━━ PROVIDED DATA ━━

-- ===== src/Guard/Loop/Opening/Ready.antt =====
-- The start of `run_browser_guard` in src/browser_guard.c: nothing is suspended by it, and the journal
-- that it opens is empty and durable.
use browser_guard.Prelude.{ℕ, ◌≤◌, ◌≡◌, subst, Option, none, some, Text, arith, on_if, on_option}
use browser_guard.Windows.{Files, Processes}
use browser_guard.Windows.Laws.{FileLaws, ProcessLaws, Quiet}
use browser_guard.Windows.Session.{Session}
use browser_guard.Windows.Session.Laws.{QuietSession}
use browser_guard.Journal.Layout.{max_path}
use browser_guard.Journal.{BgRecoveryJournal, recovery_journal_init}
use browser_guard.Journal.Entries.{IsSound}
use browser_guard.Journal.Durable
use browser_guard.Broker.{recover_journal_file}
use browser_guard.Broker.Start.{start_recovery_broker}
use browser_guard.Broker.Start.Kept.{start_recovery_broker-Quiet, recover_journal_file-no_more}
use browser_guard.Guard.Paths.{build_sibling_path}
use browser_guard.Guard.Run.{new_journal, empty_journal-IsDurable}
use browser_guard.Guard.Loop.Opening.{
  recovery_exe_name, recovery_journal_name, start_broker_for, renew_journal, open_journal,
}

module _ {P F : Type 0} ⦃ps : Processes P⦄ ⦃fs : Files F⦄ (laws : ProcessLaws ps)
    (file_laws : FileLaws fs) where
  open laws use {suspensions}

  -- No process is suspended more often than before, and a journal is sound and on disk.
  pub record Ready (s : P) (o : Option BgRecoveryJournal × P × F) : Type 0 where
    pub fewer : (q : ℕ) → suspensions o.1 q ≤ suspensions s q
    pub good :
        (j : BgRecoveryJournal) → o.0 ≡ some j → IsSound j × Durable.IsDurable file_laws j o.2

  without_journal :
      (s t : P) (f : F) → ((q : ℕ) → suspensions t q ≤ suspensions s q) → Ready s (none, t, f)
  without_journal s t f fewer = record { fewer = fewer; good = λ j e. cc }

  initialized-good :
      (path : Text) (f : F) (j : BgRecoveryJournal)
      → (recovery_journal_init path f).0 ≡ some j
      → IsSound j × Durable.IsDurable file_laws j (recovery_journal_init path f).1
  initialized-good path f j made =
      let f1 = (recovery_journal_init path f).1 in
      subst (λ x. IsSound x × Durable.IsDurable file_laws x f1)
        (new_journal file_laws path f j made) (empty_journal-IsDurable file_laws path f1)

module _ {P F : Type 0} ⦃ps : Processes P⦄ ⦃ss : Session P⦄ ⦃fs : Files F⦄ (laws : ProcessLaws ps)
    (quiet : QuietSession laws ss) (file_laws : FileLaws fs) where
  open laws use {suspensions}

  abbrev IsReady : P → Option BgRecoveryJournal × P × F → Type 0
  IsReady s o = Ready laws file_laws s o

  start_broker_for-IsReady :
      (broker_path journal_path : Text) (journal : Option BgRecoveryJournal) (s t : P) (f : F)
      → ((q : ℕ) → suspensions t q ≤ suspensions s q)
      → ((j : BgRecoveryJournal) → journal ≡ some j → IsSound j × Durable.IsDurable file_laws j f)
      → IsReady s (start_broker_for broker_path journal_path journal t f)
  unfolding start_broker_for
  start_broker_for-IsReady broker_path journal_path journal s t f fewer good =
      let (started, t1) = start_recovery_broker broker_path journal_path t in
      let q1 = start_recovery_broker-Quiet laws quiet broker_path journal_path t in
      let fewer1 : (q : ℕ) → suspensions t1 q ≤ suspensions s q =
        λ q. omega (arith, fewer q, q1.no_more q) in
      on_option (IsReady s) journal _ _ (λ _. without_journal laws file_laws s t f fewer)
        (λ j e.
          on_if (λ (o : Option BgRecoveryJournal). IsReady s (o, t1, f)) started _ _
            (λ _. record { fewer = fewer1; good = λ k e1. good k (ground (arith, e, e1)) })
            (λ _. without_journal laws file_laws s t1 f fewer1))

  renew_journal-IsReady :
      (broker_path journal_path : Text) (s t : P) (f : F)
      → ((q : ℕ) → suspensions t q ≤ suspensions s q)
      → IsReady s (renew_journal broker_path journal_path t f)
  unfolding renew_journal
  renew_journal-IsReady broker_path journal_path s t f fewer =
      let (recovered, t1, f1) = recover_journal_file journal_path t f in
      let (journal, f2) = recovery_journal_init journal_path f1 in
      let fewer1 : (q : ℕ) → suspensions t1 q ≤ suspensions s q =
        λ q. omega (arith, fewer q, recover_journal_file-no_more laws q journal_path t f) in
      on_if (IsReady s) recovered _ _
        (λ _.
          start_broker_for-IsReady broker_path journal_path journal s t1 f2 fewer1
            (initialized-good laws file_laws journal_path f1))
        (λ _. without_journal laws file_laws s t1 f1 fewer1)

  build_sibling_path-Quiet :
      (name : Text) (n : ℕ) (s : P)
      → Quiet laws.suspensions laws.resumes s (build_sibling_path name n s).1
  unfolding build_sibling_path
  build_sibling_path-Quiet name n s = quiet.module_quiet n s

  pub open_journal-IsReady : (s : P) (f : F) → IsReady s (open_journal s f)
  unfolding open_journal
  open_journal-IsReady s f =
      let (broker, s1) = build_sibling_path recovery_exe_name max_path s in
      let (journal, s2) = build_sibling_path recovery_journal_name max_path s1 in
      let first = build_sibling_path-Quiet recovery_exe_name max_path s in
      let second = build_sibling_path-Quiet recovery_journal_name max_path s1 in
      let fewer : (q : ℕ) → suspensions s2 q ≤ suspensions s q =
        λ q. omega (arith, first.no_more q, second.no_more q) in
      on_option (IsReady s) broker _ _
        (λ _. without_journal laws file_laws s s1 f (λ q. first.no_more q))
        (λ broker_path _.
          on_option (IsReady s) journal _ _ (λ _. without_journal laws file_laws s s2 f fewer)
            (λ journal_path _. renew_journal-IsReady broker_path journal_path s s2 f fewer))
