-- ===== src/Guard/Loop/Main/Runs.antt =====
-- The invariant of `Guard.Covered` in every run of src/browser_guard.c.
use browser_guard.Prelude.{ℕ, ◌≡◌, refl, Option, none, some, [], on_if, on_option, arith, not}
use browser_guard.Windows.{Files, Processes, Desktop}
use browser_guard.Windows.Laws.{FileLaws, ProcessLaws, ProcessRanges}
use browser_guard.Windows.Kept.{Quiet-queries}
use browser_guard.Windows.Quiet.{Quiet-trans}
use browser_guard.Windows.Session.{Session}
use browser_guard.Windows.Session.Laws.{QuietSession}
use browser_guard.Windows.Input.{Input}
use browser_guard.Config.{AppConfig}
use browser_guard.ProcessControl.Groups.{SecurityContext, init_security_context}
use browser_guard.Guard.{Env}
use browser_guard.Guard.Covered.{Covered}
use browser_guard.Guard.Release.{FailsOnlyIfGone}
use browser_guard.Guard.Run.{empty-Covered}
use browser_guard.Guard.Holds.{IsGood}
use browser_guard.Journal.{BgRecoveryJournal}
use browser_guard.Journal.Entries.{IsSound}
use browser_guard.Journal.Durable
use browser_guard.Protocol.{create_shutdown_event}
use browser_guard.Protocol.Kept.{create_shutdown_event-Quiet}
use browser_guard.ProcessControl.Kept.{init_security_context-kept}
use browser_guard.Guard.Loop.Main.Turns.{run_loop-IsCovered, run_loop-none_left}
use browser_guard.Guard.Loop.Opening.{open_journal}
use browser_guard.Guard.Loop.Opening.Ready.{open_journal-IsReady}
use browser_guard.Guard.Loop.{Globals, initial_globals, create_overlay_window}
use browser_guard.Guard.Loop.Main.{
  GuardState, fail_start, start_overlay, start_desktop, run_browser_guard,
}

module _ {P F : Type 0} ⦃ps : Processes P⦄ ⦃fs : Files F⦄ (process_laws : ProcessLaws ps)
    (file_laws : FileLaws fs) where
  open process_laws use {suspensions}

  -- A state of the start: nothing stands suspended, and a journal is sound and on disk.
  record Starting (journal : Option BgRecoveryJournal) (p : P) (f : F) : Type 0 where
    pub runs : (q : ℕ) → suspensions p q ≡ 0
    pub good :
        (j : BgRecoveryJournal) → journal ≡ some j → IsSound j × Durable.IsDurable file_laws j f

module _ {P F : Type 0} ⦃ps : Processes P⦄ ⦃ss : Session P⦄ ⦃fs : Files F⦄
    (process_laws : ProcessLaws ps) (file_laws : FileLaws fs)
    (quiet : QuietSession process_laws ss) where
  closed-Starting :
      (event : ℕ) (journal : Option BgRecoveryJournal) (p : P) (f : F)
      → Starting process_laws file_laws journal p f
      → Starting process_laws file_laws journal (ss.close_event event p) f
  closed-Starting event journal p f st = record {
    runs = λ q. omega (arith, st.runs q, (quiet.close_quiet event p).no_more q);
    good = st.good;
  }

module _ {P F D : Type 0} ⦃ps : Processes P⦄ ⦃fs : Files F⦄ (process_laws : ProcessLaws ps)
    (file_laws : FileLaws fs) where
  IsGood-env :
      (journal : Option BgRecoveryJournal) (p : P) (f : F) (d : D)
      → ((j : BgRecoveryJournal) → journal ≡ some j → IsSound j × Durable.IsDurable file_laws j f)
      → IsGood process_laws file_laws
          (record { journal = journal; processes = p; files = f; desktop = d })
  unfolding IsGood
  IsGood-env none p f d good = tt
  IsGood-env (some j) p f d good = good j refl

module _ {P F D : Type 0} ⦃ps : Processes P⦄ ⦃fs : Files F⦄ (process_laws : ProcessLaws ps)
    (file_laws : FileLaws fs) where
  open process_laws use {suspensions}

  -- What a result of the program says: the guard that still runs, or its exit.
  record Ends (r : Option ℕ × GuardState P F D) : Type 0 where
    pub covered : Covered process_laws file_laws r.1.tracked r.1.env
    pub none_left : (code : ℕ) → r.0 ≡ some code → (q : ℕ) → suspensions r.1.env.processes q ≡ 0

module _ {P F D : Type 0} ⦃ps : Processes P⦄ ⦃ss : Session P⦄ ⦃fs : Files F⦄ ⦃ds : Desktop D⦄
    ⦃is : Input D⦄ (process_laws : ProcessLaws ps) (file_laws : FileLaws fs)
    (ranges : ProcessRanges ps) (quiet : QuietSession process_laws ss) (config : AppConfig)
    (ends : FailsOnlyIfGone process_laws config) where
  open process_laws use {suspensions}

  abbrev Good : Option ℕ × GuardState P F D → Type 0
  Good r = Ends process_laws file_laws r

  fail_start-Ends :
      (journal : Option BgRecoveryJournal) (g : Globals) (p : P) (f : F) (d : D)
      → Starting process_laws file_laws journal p f
      → Good (fail_start journal g p f d)
  unfolding fail_start
  fail_start-Ends journal g p f d st = record {
    covered =
        empty-Covered process_laws file_laws ranges config ends
          (record { journal = journal; processes = p; files = f; desktop = d }) st.runs
          (IsGood-env process_laws file_laws journal p f d st.good);
    none_left = λ code e q. st.runs q;
  }

  start_overlay-Ends :
      (turns : ℕ) (context : SecurityContext) (event : ℕ) (journal : Option BgRecoveryJournal)
      (p : P) (f : F) (d : D)
      → Starting process_laws file_laws journal p f
      → Good (start_overlay turns config context event journal p f d)
  unfolding start_overlay
  start_overlay-Ends turns context event journal p f d st =
      let (created, g, d1) = create_overlay_window initial_globals d in
      let env : Env P F D = record { journal = journal; processes = p; files = f; desktop = d1 } in
      let s : GuardState P F D = record { tracked = []; env = env; globals = g } in
      let begun =
        empty-Covered process_laws file_laws ranges config ends env st.runs
          (IsGood-env process_laws file_laws journal p f d1 st.good) in
      on_if Good created _ _
        (λ _. record {
          covered =
              run_loop-IsCovered process_laws file_laws ranges quiet config ends turns context event
                s begun;
          none_left =
              run_loop-none_left process_laws file_laws ranges quiet config ends turns context event
                s begun;
        })
        (λ _.
          fail_start-Ends journal g (ss.close_event event p) f (is.co_uninitialize d1)
            (closed-Starting process_laws file_laws quiet event journal p f st))

  start_desktop-Ends :
      (turns : ℕ) (context : SecurityContext) (event : ℕ) (journal : Option BgRecoveryJournal)
      (p : P) (f : F) (d : D)
      → Starting process_laws file_laws journal p f
      → Good (start_desktop turns config context event journal p f d)
  unfolding start_desktop
  start_desktop-Ends turns context event journal p f d st =
      let (initialized, d1) = is.co_initialize d in
      let (handled, d2) = is.set_console_handler d1 in
      let shut = closed-Starting process_laws file_laws quiet event journal p f st in
      on_if Good (not initialized) _ _
        (λ _. fail_start-Ends journal initial_globals (ss.close_event event p) f d1 shut)
        (λ _.
          on_if Good (not handled) _ _
            (λ _.
              fail_start-Ends journal initial_globals (ss.close_event event p) f
                (is.co_uninitialize d2) shut)
            (λ _. start_overlay-Ends turns context event journal p f d2 st))

  run_browser_guard-Ends :
      (turns : ℕ) (p : P) (f : F) (d : D)
      → ((pid : ℕ) → suspensions p pid ≡ 0)
      → Good (run_browser_guard turns config p f d)
  unfolding run_browser_guard
  run_browser_guard-Ends turns p f d runs =
      let (security, p1) = init_security_context p in
      let first = init_security_context-kept (Quiet-queries process_laws) p in
      let (event, p2) = create_shutdown_event p1 in
      let second = Quiet-trans first (create_shutdown_event-Quiet process_laws quiet p1) in
      let opened = open_journal-IsReady process_laws quiet file_laws p2 f in
      on_option Good security _ _
        (λ _.
          fail_start-Ends none initial_globals p1 f d
            (record { runs = λ q. omega (arith, runs q, first.no_more q); good = λ j e. cc }))
        (λ context _.
          on_option Good event _ _
            (λ _.
              fail_start-Ends none initial_globals p2 f d
                (record { runs = λ q. omega (arith, runs q, second.no_more q); good = λ j e. cc }))
            (λ shutdown_event _.
              start_desktop-Ends turns context shutdown_event (open_journal p2 f).0
                (open_journal p2 f).1 (open_journal p2 f).2 d
                (record {
                  runs = λ q. omega (arith, runs q, second.no_more q, opened.fewer q);
                  good = opened.good;
                })))

  -- The whole program from its first call on, after any number of turns of its main loop and at its
  -- exit, whatever fails at its start: every process that stands suspended is known, stands suspended
  -- once, and has a record on disk. No process stands suspended before it starts, only this program
  -- suspends, and a process that cannot be resumed has ended; ids are DWORDs, and query results fit
  -- their C types.
  pub run_browser_guard-Covered :
      (turns : ℕ) (p : P) (f : F) (d : D)
      → ((pid : ℕ) → suspensions p pid ≡ 0)
      → let r = run_browser_guard turns config p f d in
        Covered process_laws file_laws r.1.tracked r.1.env
  run_browser_guard-Covered turns p f d runs = (run_browser_guard-Ends turns p f d runs).covered

  -- Whenever the program exits, after any number of turns or because its start failed, no process stands
  -- suspended. No process stands suspended before it starts, only this program suspends, and a
  -- process that cannot be resumed has ended; ids are DWORDs, and query results fit their C types.
  pub run_browser_guard-none_left :
      (turns : ℕ) (p : P) (f : F) (d : D) (code : ℕ)
      → ((pid : ℕ) → suspensions p pid ≡ 0)
      → (run_browser_guard turns config p f d).0 ≡ some code
      → (pid : ℕ) → suspensions (run_browser_guard turns config p f d).1.env.processes pid ≡ 0
  run_browser_guard-none_left turns p f d code runs =
      (run_browser_guard-Ends turns p f d runs).none_left code
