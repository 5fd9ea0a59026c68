-- ===== src/Entry.antt =====
-- `run_entrypoint` of src/main.c: the command line and the guard. The usage text is not modelled.
mod Tests
use browser_guard.Prelude.{ℕ, ◌≡◌, Bool, Option, none, some, List, [], Text, if◌then◌else◌, on_if}
use browser_guard.Windows.{Files, Processes, Desktop}
use browser_guard.Windows.Laws.{FileLaws, ProcessLaws, ProcessRanges}
use browser_guard.Windows.Session.{Session}
use browser_guard.Windows.Session.Laws.{QuietSession}
use browser_guard.Windows.Input.{Input}
use browser_guard.Config.{AppConfig, init_app_config, parse_app_config}
use browser_guard.Guard.{Env}
use browser_guard.Guard.Release.{FailsOnlyIfGone}
use browser_guard.Guard.Loop.{initial_globals}
use browser_guard.Guard.Loop.Main.{GuardState, run_browser_guard}
use browser_guard.Guard.Loop.Main.Runs.{run_browser_guard-none_left}

module _ {P F D : Type 0} ⦃ps : Processes P⦄ ⦃ss : Session P⦄ ⦃fs : Files F⦄ ⦃ds : Desktop D⦄
    ⦃is : Input D⦄ where
  -- Exit code 1 before any other call.
  unfoldable pub exit_with_usage : P → F → D → Option ℕ × GuardState P F D
  exit_with_usage p f d = (
    some 1,
    record {
      tracked = [];
      env = record { journal = none; processes = p; files = f; desktop = d };
      globals = initial_globals;
    },
  )

  -- So many turns of the guard's loop, on these arguments.
  unfoldable pub run_entrypoint : ℕ → List Text → P → F → D → Option ℕ × GuardState P F D
  run_entrypoint turns argv p f d =
      let (parsed, config) = parse_app_config init_app_config argv in
      if parsed then run_browser_guard turns config p f d else exit_with_usage p f d

module _ {P F D : Type 0} ⦃ps : Processes P⦄ ⦃ss : Session P⦄ ⦃fs : Files F⦄ ⦃ds : Desktop D⦄
    ⦃is : Input D⦄ (process_laws : ProcessLaws ps) (file_laws : FileLaws fs)
    (ranges : ProcessRanges ps) (quiet : QuietSession process_laws ss)
    (ends : (config : AppConfig) → FailsOnlyIfGone process_laws config) where
  open process_laws use {suspensions}

  -- Whatever the command line, and whenever the program exits, no process stands suspended. No process
  -- stands suspended before it starts, only this program suspends, and a process that cannot be resumed has
  -- ended; ids are DWORDs, and query results fit their C types.
  pub run_entrypoint-none_left :
      (turns : ℕ) (argv : List Text) (p : P) (f : F) (d : D) (code : ℕ)
      → ((pid : ℕ) → suspensions p pid ≡ 0)
      → (run_entrypoint turns argv p f d).0 ≡ some code
      → (pid : ℕ) → suspensions (run_entrypoint turns argv p f d).1.env.processes pid ≡ 0
  unfolding run_entrypoint exit_with_usage
  run_entrypoint-none_left turns argv p f d code runs =
      let (parsed, config) = parse_app_config init_app_config argv in
      on_if
        (λ (r : Option ℕ × GuardState P F D).
          r.0 ≡ some code → (pid : ℕ) → suspensions r.1.env.processes pid ≡ 0)
        parsed _ _
        (λ _.
          run_browser_guard-none_left process_laws file_laws ranges quiet config (ends config) turns
            p f d code runs)
        (λ _ _. runs)
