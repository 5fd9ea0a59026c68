-- ===== src/Guard/Ticks.antt =====
-- `tick_deadline_reached` of src/browser_guard.c on the 32-bit tick count, which wraps.
use browser_guard.Prelude.{ℕ, ◌+◌, ◌^◌, ◌≤◌, ◌<◌, ◌≡◌, false, arith, leb, add32, sub32, dword_mod}
use browser_guard.Guard.{tick_deadline_reached}

-- A wait of 2 ^ 31 ms at most, begun at any tick, is over exactly when so much time has passed, also
-- across the wrap of the tick count: for the first 2 ^ 31 ms after the deadline.
pub tick_deadline_reached-elapsed :
    (start wait elapsed : ℕ)
    → start < dword_mod
    → wait ≤ 2 ^ 31
    → elapsed < wait + 2 ^ 31
    → tick_deadline_reached (add32 start elapsed) (add32 start wait) ≡ leb wait elapsed
unfolding tick_deadline_reached add32 sub32
tick_deadline_reached-elapsed start wait elapsed a b c = ground arith

-- A deadline that is from 2 ^ 31 to 2 ^ 32 - 1 ms old counts as not reached.
pub tick_deadline_reached-stale :
    (start wait elapsed : ℕ)
    → start < dword_mod
    → wait ≤ 2 ^ 31
    → wait + 2 ^ 31 ≤ elapsed
    → elapsed < wait + dword_mod
    → tick_deadline_reached (add32 start elapsed) (add32 start wait) ≡ false
unfolding tick_deadline_reached add32 sub32
tick_deadline_reached-stale start wait elapsed a b c d = ground arith
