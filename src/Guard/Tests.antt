-- ===== src/Guard/Tests.antt =====
-- Passes on the machine of `Machine`, and the theorems on them at concrete inputs.
mod Runs
use browser_guard.Prelude.{
  none, sub32, size_add, ℕ, ◌≡◌, ◌≢◌, refl, true, false, some, [], ◌∷◌, arith, codes, leb, add32,
}
use mathlib.Core.Bool.{xor}
use browser_guard.Machine.Disk.{Disk, disk_files, disk_laws}
use browser_guard.Machine.Kernel.{
  quiet_kernel, Kernel, kernel_processes, kernel_laws, kernel_identity, kernel_ranges,
  kernel-Answers, kernel_suspensions,
}
use browser_guard.Machine.Screen.{Screen, screen_desktop}
use browser_guard.Config.{AppConfig, init_app_config}
use browser_guard.ProcessControl.{BrowserGroup}
use browser_guard.ProcessControl.Suspend.{
  set_process_suspended, set_opened_suspended, invoke_suspend_or_resume, find_procedures,
  call_suspend_or_resume, open_process_for_management,
}
use browser_guard.Journal.Register.{has_pid}
use browser_guard.Journal.Entries.{find_record}
use browser_guard.Journal.Commit.{persist_journal-true}
use browser_guard.Journal.Durable.{IsDurable}
use browser_guard.Journal.Tests.{
  empty_journal, blank, one_journal, record_five, one_journal-IsSound, record_five-IsWellFormed,
  no_read_fails, persisted, can_be_opened,
}
use browser_guard.Journal.Tests.Processes.{recorded_five}
use browser_guard.Broker.{recover_journal_file}
use browser_guard.Broker.Tests.{crashed, after_crash, works}
use browser_guard.Guard.{window_restores_to_maximized, TrackedProcess, Env, tick_deadline_reached}
use browser_guard.Guard.Entry.{
  new_entry, ensure_entry, touch_entry, group_is_active, should_suspend, policy_input,
  update_background_mode, should_use_background_mode, suspend_entry, register_in, resume_entry,
  maintain_entry, trim_is_due, run_suspend_heartbeat,
}
use browser_guard.Policy.{evaluate_suspend_policy, browser_windows_are_minimized_only}
use browser_guard.Guard.Tracked.{put_tracked, is_pid_suspended, find_tracked_process}
use browser_guard.Guard.Pass.{
  ensure_pids, ensure_pid, ensure_group_state, resume_all_tracked, cleanup_tracked_processes,
  run_pass,
}
use browser_guard.Guard.Holds.{recorded, IsGood}
use browser_guard.Guard.Covered.{Covered}
use browser_guard.Guard.Groups.{ensure_group_state-Covered}
use browser_guard.Guard.Release.{FailsOnlyIfGone}
use browser_guard.Guard.Sweep.{resume_all_tracked-Covered}
use browser_guard.Guard.Cleanup.{cleanup_tracked_processes-Covered}
use browser_guard.Guard.Crash.{
  run_pass-Covered, RecordOnDisk, Covered-RecordOnDisk, Covered-none, recover_journal_file-Covered,
}
use browser_guard.Guard.Run.{Reachable, start_with, start_without, turn, Reachable-Covered}
use browser_guard.Journal.{recovery_journal_init}
use browser_guard.Guard.Ticks.{tick_deadline_reached-elapsed, tick_deadline_reached-stale}

-- Process 5 is tracked as suspended.
abbrev entry_five : TrackedProcess
entry_five = record {
  pid = 5;
  exe_name = codes "chrome.exe";
  last_known_window = 77;
  last_known_window_was_maximized = false;
  suspended = true;
  background_mode = false;
  suspend_disabled = false;
  seen_this_pass = false;
  last_trim_tick = 0;
  last_active_tick = 0;
  manual_resume_until_tick = 0;
  last_heartbeat_tick = 0;
}

-- It stands suspended, and its record is in the journal and on disk.
abbrev running : Env Kernel Disk Screen
running = record {
  journal = some one_journal;
  processes = crashed;
  files = after_crash;
  desktop = record { windows = 77 ∷ []; owner = 5 };
}

one_journal-IsDurable : IsDurable disk_laws one_journal after_crash
one_journal-IsDurable = record {
  at = λ pid r h. record {
    on_disk = record_five ∷ [];
    is_image = persist_journal-true disk_laws one_journal blank (omega arith) persisted;
    fits = omega arith;
    well_formed = (record_five-IsWellFormed, tt);
    holds = h;
  };
}

running-Covered : Covered kernel_laws disk_laws (entry_five ∷ []) running
unfolding is_pid_suspended recorded has_pid IsGood find_tracked_process
running-Covered = record {
  covered = record {
    count = λ q. ground (arith, kernel_suspensions crashed q);
    in_journal = λ q e. ground arith;
    good = (one_journal-IsSound, one_journal-IsDurable);
  };
  distinct = (refl, tt);
  small = (omega arith, tt);
}

-- Its family, minimized, with a second process.
abbrev pub family : BrowserGroup
family = record {
  exe_name = codes "chrome.exe";
  pids = 5 ∷ 6 ∷ [];
  anchor_window = 77;
  has_foreground_window = false;
  has_visible_window = true;
  minimized_window_count = 1;
  visible_restored_window_count = 0;
  has_audio = false;
}

resumes_all :
    (pid : ℕ) (c : AppConfig) (s : Kernel) → (set_process_suspended pid false c s).0 ≡ true
unfolding set_process_suspended set_opened_suspended invoke_suspend_or_resume find_procedures
    call_suspend_or_resume open_process_for_management kernel_processes
resumes_all pid c s = refl

pub never_fails_with : (c : AppConfig) → FailsOnlyIfGone kernel_laws c
never_fails_with c = record { gone = λ pid s e. absurd (ground (arith, resumes_all pid c s)) }

pub never_fails : FailsOnlyIfGone kernel_laws init_app_config
never_fails = never_fails_with init_app_config

ensure_group_state-Covered_example :
    let o = ensure_group_state family init_app_config 9000 (entry_five ∷ []) running in
    Covered kernel_laws disk_laws o.0 o.1
ensure_group_state-Covered_example =
    ensure_group_state-Covered kernel_laws disk_laws kernel_ranges family init_app_config 9000
      (entry_five ∷ []) running (omega arith) running-Covered

resume_all_tracked-Covered_example :
    let o = resume_all_tracked init_app_config (entry_five ∷ []) running in
    Covered kernel_laws disk_laws o.0 o.1
resume_all_tracked-Covered_example =
    resume_all_tracked-Covered kernel_laws disk_laws init_app_config (entry_five ∷ []) running
      running-Covered

cleanup_tracked_processes-Covered_example :
    let o = cleanup_tracked_processes init_app_config (entry_five ∷ []) running in
    Covered kernel_laws disk_laws o.0 o.1
cleanup_tracked_processes-Covered_example =
    cleanup_tracked_processes-Covered kernel_laws disk_laws init_app_config never_fails
      (entry_five ∷ []) running running-Covered

run_pass-Covered_example :
    let o = run_pass true (family ∷ []) init_app_config 9000 (entry_five ∷ []) running in
    Covered kernel_laws disk_laws o.0 o.1
run_pass-Covered_example =
    run_pass-Covered kernel_laws disk_laws kernel_ranges init_app_config 9000 true (family ∷ [])
      (entry_five ∷ []) running never_fails (omega arith) running-Covered

suspended_five : kernel_laws.suspensions crashed 5 ≢ 0
suspended_five e = absurd (omega (arith, kernel_suspensions crashed 5))

Covered-RecordOnDisk_example :
    (kernel_laws.suspensions crashed 5 ≡ 1) × RecordOnDisk kernel_laws disk_laws running 5
Covered-RecordOnDisk_example =
    Covered-RecordOnDisk kernel_laws disk_laws (entry_five ∷ []) running 5 running-Covered
      suspended_five

five_on_disk : RecordOnDisk kernel_laws disk_laws running 5
unfolding find_record
five_on_disk = record {
  journal = one_journal;
  in_use = refl;
  entry = record_five;
  on_disk = one_journal-IsDurable.at 5 record_five refl;
}

recover_journal_file-Covered_example :
    let o = recover_journal_file one_journal.path crashed after_crash in
    (o.0 ≡ true) × (kernel_laws.suspensions o.1 5 ≡ 0)
unfolding five_on_disk one_journal-IsDurable
recover_journal_file-Covered_example =
    recover_journal_file-Covered kernel_laws disk_laws kernel_identity works no_read_fails
      (entry_five ∷ []) running 5 1 running-Covered five_on_disk
      (record { answers = kernel-Answers 5; recorded = recorded_five }) (kernel-Answers 5, tt)
      can_be_opened

-- Thirty days.
tick_deadline_reached-stale_example :
    tick_deadline_reached (add32 5 2592000000) (add32 5 8000) ≡ false
tick_deadline_reached-stale_example =
    tick_deadline_reached-stale 5 8000 2592000000 (omega arith) (omega arith) (omega arith)
      (omega arith)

━━━

TASK GOAL: On how many lines of the data does the word "IsGood" appear? Only the number is wanted.

TASK RESPONSE: 10